[Problem description]: Working down the material below, reproduce exactly every line from the one containing "let (calls, failures)" to the last line, and only those.

[Dataset entries]:
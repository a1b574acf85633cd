-- ===== src/Strip/Fill.antt =====
-- ui/src/runStrip.ts: how the buckets are filled, and how merging them keeps that.
use kaja.Prelude.{
  ℕ, zero, suc, ◌+◌, ◌-◌, ◌*◌, ◌≤◌, ◌≡◌, refl, true, false, List, [], ◌∷◌, ◌++◌, length, arith,
  sum_by, take, drop, sym, ap, ◌∙◌, sum_by-append, take-append-drop, length-drop,
}
use kaja.Strip.{Bucket, bucket_calls, bucket_failures, merge_fuel, bump_last, has_room}

abbrev pub WellFilled : ℕ → List Bucket → Type 0
WellFilled cap [] = Unit
WellFilled cap (b ∷ []) = (1 ≤ b.calls) × (b.calls ≤ cap)
WellFilled cap (b ∷ c ∷ bs) = (b.calls ≡ cap) × WellFilled cap (c ∷ bs)

split :
    (f : Bucket → ℕ) (k : ℕ) (bs : List Bucket)
    → sum_by f (take k bs) + sum_by f (drop k bs) ≡ sum_by f bs
split f k bs = sym (sum_by-append f (take k bs) (drop k bs)) ∙ ap (sum_by f) (take-append-drop k bs)

module _ (cap : ℕ) where
  pub bucket_calls-le : (bs : List Bucket) → WellFilled cap bs → bucket_calls bs ≤ cap * length bs
  bucket_calls-le [] h = omega arith
  bucket_calls-le (b ∷ []) h = omega arith
  bucket_calls-le (b ∷ c ∷ bs) h = grind (arith, bucket_calls-le (c ∷ bs) h.1)

  pub bump_last-WellFilled :
      (bs : List Bucket)
      → WellFilled cap bs
      → has_room bs cap ≡ true
      → WellFilled cap (bump_last bs)
        × (bucket_calls (bump_last bs) ≡ bucket_calls bs + 1)
        × (bucket_failures (bump_last bs) ≡ bucket_failures bs)
        × (length (bump_last bs) ≡ length bs)
  unfolding bump_last has_room
  bump_last-WellFilled [] h r = ground arith
  bump_last-WellFilled (b ∷ []) h r = ground arith
  bump_last-WellFilled (b ∷ c ∷ []) h r = ground arith
  bump_last-WellFilled (b ∷ c ∷ d ∷ bs) h r =
      let (w, n, f, l) = bump_last-WellFilled (c ∷ d ∷ bs) h.1 r in
      ((h.0, w), omega arith, omega arith, omega arith)

  pub append-WellFilled :
      (bs : List Bucket) (b : Bucket)
      → WellFilled cap bs
      → has_room bs cap ≡ false
      → b.calls ≡ 1
      → 1 ≤ cap
      → WellFilled cap (bs ++ b ∷ [])
  unfolding has_room
  append-WellFilled [] b h r e p = ground arith
  append-WellFilled (x ∷ []) b h r e p = ground arith
  append-WellFilled (x ∷ y ∷ bs) b h r e p = (h.0, append-WellFilled (y ∷ bs) b h.1 r e p)

  pub merge_fuel-WellFilled :
      (fuel : ℕ) (bs : List Bucket)
      → length bs ≤ fuel
      → WellFilled cap bs
      → WellFilled (cap * 2) (merge_fuel fuel 2 bs)
  unfolding merge_fuel
  merge_fuel-WellFilled zero [] n h = tt
  merge_fuel-WellFilled zero (b ∷ bs) n h = absurd (omega arith)
  merge_fuel-WellFilled (suc fuel) [] n h = tt
  merge_fuel-WellFilled (suc zero) (b ∷ []) n h = omega arith
  merge_fuel-WellFilled (suc (suc fuel)) (b ∷ []) n h = omega arith
  merge_fuel-WellFilled (suc zero) (b ∷ c ∷ bs) n h = absurd (omega arith)
  merge_fuel-WellFilled (suc (suc fuel)) (b ∷ c ∷ []) n h = omega arith
  merge_fuel-WellFilled (suc (suc fuel)) (b ∷ c ∷ d ∷ bs) n h =
      (ground arith, merge_fuel-WellFilled (suc fuel) (d ∷ bs) (omega arith) h.1.1)

-- A merge keeps the sums, whatever the factor.
pub sum_by-merge_fuel :
    (fuel factor : ℕ) (bs : List Bucket)
    → length bs ≤ fuel
    → 1 ≤ factor
    → (bucket_calls (merge_fuel fuel factor bs) ≡ bucket_calls bs)
      × (bucket_failures (merge_fuel fuel factor bs) ≡ bucket_failures bs)
unfolding merge_fuel
sum_by-merge_fuel zero factor [] n h = (refl, refl)
sum_by-merge_fuel zero factor (b ∷ bs) n h = absurd (omega arith)
sum_by-merge_fuel (suc fuel) factor [] n h = (refl, refl)
sum_by-merge_fuel (suc fuel) (suc k) (b ∷ bs) n h =
    let (calls, failures) =
      sum_by-merge_fuel fuel (suc k) (drop k bs) (omega (arith, length-drop k bs)) h in
    (omega (arith, split (λ b. b.calls) k bs), omega (arith, split (λ b. b.failures) k bs))
sum_by-merge_fuel (suc fuel) zero (b ∷ bs) n h = absurd (omega arith)

round : (l k n : ℕ) → l * suc k + 1 ≤ n - k + suc k → suc l * suc k + 1 ≤ suc n + suc k
round zero k n h = omega arith
round (suc l) k n h = grind arith

-- The rounds of a merge: each but the last takes `factor` buckets.
pub length-merge_fuel :
    (fuel factor : ℕ) (bs : List Bucket)
    → 1 ≤ factor
    → length (merge_fuel fuel factor bs) * factor + 1 ≤ length bs + factor
unfolding merge_fuel
length-merge_fuel zero factor bs h = omega arith
length-merge_fuel (suc fuel) factor [] h = omega arith
length-merge_fuel (suc fuel) zero (b ∷ bs) h = absurd (omega arith)
length-merge_fuel (suc fuel) (suc k) (b ∷ bs) h =
    round (length (merge_fuel fuel (suc k) (drop k bs))) k (length bs)
      (rw (length-drop k bs) at (length-merge_fuel fuel (suc k) (drop k bs) h))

[Exercise result]:
    let (calls, failures) =
      sum_by-merge_fuel fuel (suc k) (drop k bs) (omega (arith, length-drop k bs)) h in
    (omega (arith, split (λ b. b.calls) k bs), omega (arith, split (λ b. b.failures) k bs))
sum_by-merge_fuel (suc fuel) zero (b ∷ bs) n h = absurd (omega arith)

round : (l k n : ℕ) → l * suc k + 1 ≤ n - k + suc k → suc l * suc k + 1 ≤ suc n + suc k
round zero k n h = omega arith
round (suc l) k n h = grind arith

-- The rounds of a merge: each but the last takes `factor` buckets.
pub length-merge_fuel :
    (fuel factor : ℕ) (bs : List Bucket)
    → 1 ≤ factor
    → length (merge_fuel fuel factor bs) * factor + 1 ≤ length bs + factor
unfolding merge_fuel
length-merge_fuel zero factor bs h = omega arith
length-merge_fuel (suc fuel) factor [] h = omega arith
length-merge_fuel (suc fuel) zero (b ∷ bs) h = absurd (omega arith)
length-merge_fuel (suc fuel) (suc k) (b ∷ bs) h =
    round (length (merge_fuel fuel (suc k) (drop k bs))) k (length bs)
      (rw (length-drop k bs) at (length-merge_fuel fuel (suc k) (drop k bs) h))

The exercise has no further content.